Distributed Wind Resource Assessment for Small, Kilowatt-Sized Wind Turbines using Computational Flow Modeling Software
Author(s) -
Thomas L. Acker,
B. Bhattarai,
R. Shrestha
Publication year - 2020
Publication title -
journal of physics. conference series
Language(s) - English
Resource type - Journals
SCImago Journal Rank - 0.21
H-Index - 85
eISSN - 1742-6596
pISSN - 1742-6588
DOI - 10.1088/1742-6596/1452/1/012013
Subject(s) - wind speed , wind power , turbine , renewable energy , grid , software , computer science , wind resource assessment , environmental science , work (physics) , reliability engineering , meteorology , marine engineering , simulation , wind direction , engineering , electrical engineering , mechanical engineering , physics , geometry , mathematics , programming language
A major challenge in deciding to invest in a wind energy system as part of an off-grid, small-scale renewable energy system is accurately estimating the annual energy production (AEP). Computational models hold promise to provide useful distributed wind resource assessment information at a reasonable cost.
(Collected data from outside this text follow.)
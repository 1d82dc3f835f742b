-- ===== src/Paging/Directory/Tests.antt =====
-- Tests of check_kern_pgdir.
use mathlib.Core.Logic.{◌↔◌}
use tp_prom.Prelude.{
  ℕ, ◌+◌, ◌-◌, ◌*◌, ◌/◌, refl, true, false, ltb, leb, ◌&&◌, ◌==◌, if◌then◌else◌, arith,
}
use tp_prom.Paging.Address.{roundup, rounddown}
use tp_prom.Paging.Physical.{paddr, kaddr}
use tp_prom.Paging.Walk.{Words, check_va2pa}
use tp_prom.Paging.Directory.{Kernel, for_loop, check_kern_pgdir}
use tp_prom.Paging.Directory.Loop.{Ends}
use tp_prom.Paging.Directory.Correct.{IsKernelDirectory, check_kern_pgdir-IsKernelDirectory}

-- A directory with tables for UPAGES and for the stack, and large pages from KERNBASE on.
abbrev directory_entry : ℕ → ℕ
directory_entry i =
    if i == 956
    then 0x20_1001
    else if i == 957
    then 0x20_0001
    else if i == 959
    then 0x20_2003
    else if leb 960 i
    then (i - 960) * 0x40_0000 + 0x83
    else 0

abbrev table_entry : ℕ → ℕ
table_entry j = if leb 1016 j then 0x40_0003 + (j - 1016) * 4096 else 0

abbrev memory : Words
memory a =
    if leb 0xf020_0000 a && ltb a 0xf020_1000
    then directory_entry ((a - 0xf020_0000) / 4)
    else if leb 0xf020_1000 a && ltb a 0xf020_2000
    then (a - 0xf020_1000) / 4 * 4096 + 0x30_0001
    else if leb 0xf020_2000 a && ltb a 0xf020_3000
    then table_entry ((a - 0xf020_2000) / 4)
    else 0

abbrev kernel : Kernel
kernel = record {
  npages = 1024;
  pages = 0xf030_0000;
  bootstack = 0xf040_0000;
  kern_pgdir = 0xf020_0000;
  memory = memory;
}

check_kern_pgdir_passes : Ends (check_kern_pgdir kernel true)
unfolding check_kern_pgdir for_loop check_va2pa paddr kaddr roundup rounddown
check_kern_pgdir_passes = refl

check_kern_pgdir-IsKernelDirectory_example :
    Ends (check_kern_pgdir kernel false) ↔ IsKernelDirectory kernel
check_kern_pgdir-IsKernelDirectory_example =
    check_kern_pgdir-IsKernelDirectory kernel (omega arith) (omega arith) (omega arith)
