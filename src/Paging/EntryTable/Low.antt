-- ===== src/Paging/EntryTable/Low.antt =====
-- kern/entrypgdir.c: the frame addresses of `entry_pgtable`, entries 0 to 511, in the order of the
-- source, which gives each the flags PTE_P and PTE_W.
use tp_prom.Prelude.{ℕ, List, [], ◌∷◌}

unfoldable pub entries_0 : List ℕ
entries_0 =
    0x000000 ∷ 0x001000 ∷ 0x002000 ∷ 0x003000 ∷ 0x004000 ∷ 0x005000 ∷ 0x006000 ∷ 0x007000 ∷ 0x008000
    ∷ 0x009000 ∷ 0x00a000 ∷ 0x00b000 ∷ 0x00c000 ∷ 0x00d000 ∷ 0x00e000 ∷ 0x00f000 ∷ 0x010000
    ∷ 0x011000 ∷ 0x012000 ∷ 0x013000 ∷ 0x014000 ∷ 0x015000 ∷ 0x016000 ∷ 0x017000 ∷ 0x018000
    ∷ 0x019000 ∷ 0x01a000 ∷ 0x01b000 ∷ 0x01c000 ∷ 0x01d000 ∷ 0x01e000 ∷ 0x01f000 ∷ 0x020000
    ∷ 0x021000 ∷ 0x022000 ∷ 0x023000 ∷ 0x024000 ∷ 0x025000 ∷ 0x026000 ∷ 0x027000 ∷ 0x028000
    ∷ 0x029000 ∷ 0x02a000 ∷ 0x02b000 ∷ 0x02c000 ∷ 0x02d000 ∷ 0x02e000 ∷ 0x02f000 ∷ 0x030000
    ∷ 0x031000 ∷ 0x032000 ∷ 0x033000 ∷ 0x034000 ∷ 0x035000 ∷ 0x036000 ∷ 0x037000 ∷ 0x038000
    ∷ 0x039000 ∷ 0x03a000 ∷ 0x03b000 ∷ 0x03c000 ∷ 0x03d000 ∷ 0x03e000 ∷ 0x03f000 ∷ 0x040000
    ∷ 0x041000 ∷ 0x042000 ∷ 0x043000 ∷ 0x044000 ∷ 0x045000 ∷ 0x046000 ∷ 0x047000 ∷ 0x048000
    ∷ 0x049000 ∷ 0x04a000 ∷ 0x04b000 ∷ 0x04c000 ∷ 0x04d000 ∷ 0x04e000 ∷ 0x04f000 ∷ 0x050000
    ∷ 0x051000 ∷ 0x052000 ∷ 0x053000 ∷ 0x054000 ∷ 0x055000 ∷ 0x056000 ∷ 0x057000 ∷ 0x058000
    ∷ 0x059000 ∷ 0x05a000 ∷ 0x05b000 ∷ 0x05c000 ∷ 0x05d000 ∷ 0x05e000 ∷ 0x05f000 ∷ 0x060000
    ∷ 0x061000 ∷ 0x062000 ∷ 0x063000 ∷ 0x064000 ∷ 0x065000 ∷ 0x066000 ∷ 0x067000 ∷ 0x068000
    ∷ 0x069000 ∷ 0x06a000 ∷ 0x06b000 ∷ 0x06c000 ∷ 0x06d000 ∷ 0x06e000 ∷ 0x06f000 ∷ 0x070000
    ∷ 0x071000 ∷ 0x072000 ∷ 0x073000 ∷ 0x074000 ∷ 0x075000 ∷ 0x076000 ∷ 0x077000 ∷ 0x078000
    ∷ 0x079000 ∷ 0x07a000 ∷ 0x07b000 ∷ 0x07c000 ∷ 0x07d000 ∷ 0x07e000 ∷ 0x07f000 ∷ []

unfoldable pub entries_1 : List ℕ
entries_1 =
    0x080000 ∷ 0x081000 ∷ 0x082000 ∷ 0x083000 ∷ 0x084000 ∷ 0x085000 ∷ 0x086000 ∷ 0x087000 ∷ 0x088000
    ∷ 0x089000 ∷ 0x08a000 ∷ 0x08b000 ∷ 0x08c000 ∷ 0x08d000 ∷ 0x08e000 ∷ 0x08f000 ∷ 0x090000
    ∷ 0x091000 ∷ 0x092000 ∷ 0x093000 ∷ 0x094000 ∷ 0x095000 ∷ 0x096000 ∷ 0x097000 ∷ 0x098000
    ∷ 0x099000 ∷ 0x09a000 ∷ 0x09b000 ∷ 0x09c000 ∷ 0x09d000 ∷ 0x09e000 ∷ 0x09f000 ∷ 0x0a0000
    ∷ 0x0a1000 ∷ 0x0a2000 ∷ 0x0a3000 ∷ 0x0a4000 ∷ 0x0a5000 ∷ 0x0a6000 ∷ 0x0a7000 ∷ 0x0a8000
    ∷ 0x0a9000 ∷ 0x0aa000 ∷ 0x0ab000 ∷ 0x0ac000 ∷ 0x0ad000 ∷ 0x0ae000 ∷ 0x0af000 ∷ 0x0b0000
    ∷ 0x0b1000 ∷ 0x0b2000 ∷ 0x0b3000 ∷ 0x0b4000 ∷ 0x0b5000 ∷ 0x0b6000 ∷ 0x0b7000 ∷ 0x0b8000
    ∷ 0x0b9000 ∷ 0x0ba000 ∷ 0x0bb000 ∷ 0x0bc000 ∷ 0x0bd000 ∷ 0x0be000 ∷ 0x0bf000 ∷ 0x0c0000
    ∷ 0x0c1000 ∷ 0x0c2000 ∷ 0x0c3000 ∷ 0x0c4000 ∷ 0x0c5000 ∷ 0x0c6000 ∷ 0x0c7000 ∷ 0x0c8000
    ∷ 0x0c9000 ∷ 0x0ca000 ∷ 0x0cb000 ∷ 0x0cc000 ∷ 0x0cd000 ∷ 0x0ce000 ∷ 0x0cf000 ∷ 0x0d0000
    ∷ 0x0d1000 ∷ 0x0d2000 ∷ 0x0d3000 ∷ 0x0d4000 ∷ 0x0d5000 ∷ 0x0d6000 ∷ 0x0d7000 ∷ 0x0d8000
    ∷ 0x0d9000 ∷ 0x0da000 ∷ 0x0db000 ∷ 0x0dc000 ∷ 0x0dd000 ∷ 0x0de000 ∷ 0x0df000 ∷ 0x0e0000
    ∷ 0x0e1000 ∷ 0x0e2000 ∷ 0x0e3000 ∷ 0x0e4000 ∷ 0x0e5000 ∷ 0x0e6000 ∷ 0x0e7000 ∷ 0x0e8000
    ∷ 0x0e9000 ∷ 0x0ea000 ∷ 0x0eb000 ∷ 0x0ec000 ∷ 0x0ed000 ∷ 0x0ee000 ∷ 0x0ef000 ∷ 0x0f0000
    ∷ 0x0f1000 ∷ 0x0f2000 ∷ 0x0f3000 ∷ 0x0f4000 ∷ 0x0f5000 ∷ 0x0f6000 ∷ 0x0f7000 ∷ 0x0f8000
    ∷ 0x0f9000 ∷ 0x0fa000 ∷ 0x0fb000 ∷ 0x0fc000 ∷ 0x0fd000 ∷ 0x0fe000 ∷ 0x0ff000 ∷ []

unfoldable pub entries_2 : List ℕ
entries_2 =
    0x100000 ∷ 0x101000 ∷ 0x102000 ∷ 0x103000 ∷ 0x104000 ∷ 0x105000 ∷ 0x106000 ∷ 0x107000 ∷ 0x108000
    ∷ 0x109000 ∷ 0x10a000 ∷ 0x10b000 ∷ 0x10c000 ∷ 0x10d000 ∷ 0x10e000 ∷ 0x10f000 ∷ 0x110000
    ∷ 0x111000 ∷ 0x112000 ∷ 0x113000 ∷ 0x114000 ∷ 0x115000 ∷ 0x116000 ∷ 0x117000 ∷ 0x118000
    ∷ 0x119000 ∷ 0x11a000 ∷ 0x11b000 ∷ 0x11c000 ∷ 0x11d000 ∷ 0x11e000 ∷ 0x11f000 ∷ 0x120000
    ∷ 0x121000 ∷ 0x122000 ∷ 0x123000 ∷ 0x124000 ∷ 0x125000 ∷ 0x126000 ∷ 0x127000 ∷ 0x128000
    ∷ 0x129000 ∷ 0x12a000 ∷ 0x12b000 ∷ 0x12c000 ∷ 0x12d000 ∷ 0x12e000 ∷ 0x12f000 ∷ 0x130000
    ∷ 0x131000 ∷ 0x132000 ∷ 0x133000 ∷ 0x134000 ∷ 0x135000 ∷ 0x136000 ∷ 0x137000 ∷ 0x138000
    ∷ 0x139000 ∷ 0x13a000 ∷ 0x13b000 ∷ 0x13c000 ∷ 0x13d000 ∷ 0x13e000 ∷ 0x13f000 ∷ 0x140000
    ∷ 0x141000 ∷ 0x142000 ∷ 0x143000 ∷ 0x144000 ∷ 0x145000 ∷ 0x146000 ∷ 0x147000 ∷ 0x148000
    ∷ 0x149000 ∷ 0x14a000 ∷ 0x14b000 ∷ 0x14c000 ∷ 0x14d000 ∷ 0x14e000 ∷ 0x14f000 ∷ 0x150000
    ∷ 0x151000 ∷ 0x152000 ∷ 0x153000 ∷ 0x154000 ∷ 0x155000 ∷ 0x156000 ∷ 0x157000 ∷ 0x158000
    ∷ 0x159000 ∷ 0x15a000 ∷ 0x15b000 ∷ 0x15c000 ∷ 0x15d000 ∷ 0x15e000 ∷ 0x15f000 ∷ 0x160000
    ∷ 0x161000 ∷ 0x162000 ∷ 0x163000 ∷ 0x164000 ∷ 0x165000 ∷ 0x166000 ∷ 0x167000 ∷ 0x168000
    ∷ 0x169000 ∷ 0x16a000 ∷ 0x16b000 ∷ 0x16c000 ∷ 0x16d000 ∷ 0x16e000 ∷ 0x16f000 ∷ 0x170000
    ∷ 0x171000 ∷ 0x172000 ∷ 0x173000 ∷ 0x174000 ∷ 0x175000 ∷ 0x176000 ∷ 0x177000 ∷ 0x178000
    ∷ 0x179000 ∷ 0x17a000 ∷ 0x17b000 ∷ 0x17c000 ∷ 0x17d000 ∷ 0x17e000 ∷ 0x17f000 ∷ []

unfoldable pub entries_3 : List ℕ
entries_3 =
    0x180000 ∷ 0x181000 ∷ 0x182000 ∷ 0x183000 ∷ 0x184000 ∷ 0x185000 ∷ 0x186000 ∷ 0x187000 ∷ 0x188000
    ∷ 0x189000 ∷ 0x18a000 ∷ 0x18b000 ∷ 0x18c000 ∷ 0x18d000 ∷ 0x18e000 ∷ 0x18f000 ∷ 0x190000
    ∷ 0x191000 ∷ 0x192000 ∷ 0x193000 ∷ 0x194000 ∷ 0x195000 ∷ 0x196000 ∷ 0x197000 ∷ 0x198000
    ∷ 0x199000 ∷ 0x19a000 ∷ 0x19b000 ∷ 0x19c000 ∷ 0x19d000 ∷ 0x19e000 ∷ 0x19f000 ∷ 0x1a0000
    ∷ 0x1a1000 ∷ 0x1a2000 ∷ 0x1a3000 ∷ 0x1a4000 ∷ 0x1a5000 ∷ 0x1a6000 ∷ 0x1a7000 ∷ 0x1a8000
    ∷ 0x1a9000 ∷ 0x1aa000 ∷ 0x1ab000 ∷ 0x1ac000 ∷ 0x1ad000 ∷ 0x1ae000 ∷ 0x1af000 ∷ 0x1b0000
    ∷ 0x1b1000 ∷ 0x1b2000 ∷ 0x1b3000 ∷ 0x1b4000 ∷ 0x1b5000 ∷ 0x1b6000 ∷ 0x1b7000 ∷ 0x1b8000
    ∷ 0x1b9000 ∷ 0x1ba000 ∷ 0x1bb000 ∷ 0x1bc000 ∷ 0x1bd000 ∷ 0x1be000 ∷ 0x1bf000 ∷ 0x1c0000
    ∷ 0x1c1000 ∷ 0x1c2000 ∷ 0x1c3000 ∷ 0x1c4000 ∷ 0x1c5000 ∷ 0x1c6000 ∷ 0x1c7000 ∷ 0x1c8000
    ∷ 0x1c9000 ∷ 0x1ca000 ∷ 0x1cb000 ∷ 0x1cc000 ∷ 0x1cd000 ∷ 0x1ce000 ∷ 0x1cf000 ∷ 0x1d0000
    ∷ 0x1d1000 ∷ 0x1d2000 ∷ 0x1d3000 ∷ 0x1d4000 ∷ 0x1d5000 ∷ 0x1d6000 ∷ 0x1d7000 ∷ 0x1d8000
    ∷ 0x1d9000 ∷ 0x1da000 ∷ 0x1db000 ∷ 0x1dc000 ∷ 0x1dd000 ∷ 0x1de000 ∷ 0x1df000 ∷ 0x1e0000
    ∷ 0x1e1000 ∷ 0x1e2000 ∷ 0x1e3000 ∷ 0x1e4000 ∷ 0x1e5000 ∷ 0x1e6000 ∷ 0x1e7000 ∷ 0x1e8000
    ∷ 0x1e9000 ∷ 0x1ea000 ∷ 0x1eb000 ∷ 0x1ec000 ∷ 0x1ed000 ∷ 0x1ee000 ∷ 0x1ef000 ∷ 0x1f0000
    ∷ 0x1f1000 ∷ 0x1f2000 ∷ 0x1f3000 ∷ 0x1f4000 ∷ 0x1f5000 ∷ 0x1f6000 ∷ 0x1f7000 ∷ 0x1f8000
    ∷ 0x1f9000 ∷ 0x1fa000 ∷ 0x1fb000 ∷ 0x1fc000 ∷ 0x1fd000 ∷ 0x1fe000 ∷ 0x1ff000 ∷ []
This paper describes the methods employed and results obtained from using wind flow modeling software, in this case Meteodyn WT, combined with wind speed data to predict the AEP of a 2.4 kW Skystream 3.7 wind turbine, and compare the AEP to measurements. Results showed AEP prediction errors ranging from <5% to ∼80% depending on the nature of the wind speed data used. Using a single wind speed data source could lead to an acceptable AEP (<10% error), but could well lead to much higher errors. Two methods of addressing this problem were demonstrated: 1) average several AEP predictions made using single wind speed data sources; or, 2) use multiple data sources simultaneously when making an AEP prediction. The latter of these two appears the most promising with lower errors in AEP. Another significant result of this work was demonstrating that using NREL Wind Toolkit wind speed data can produce good results in predicting AEP.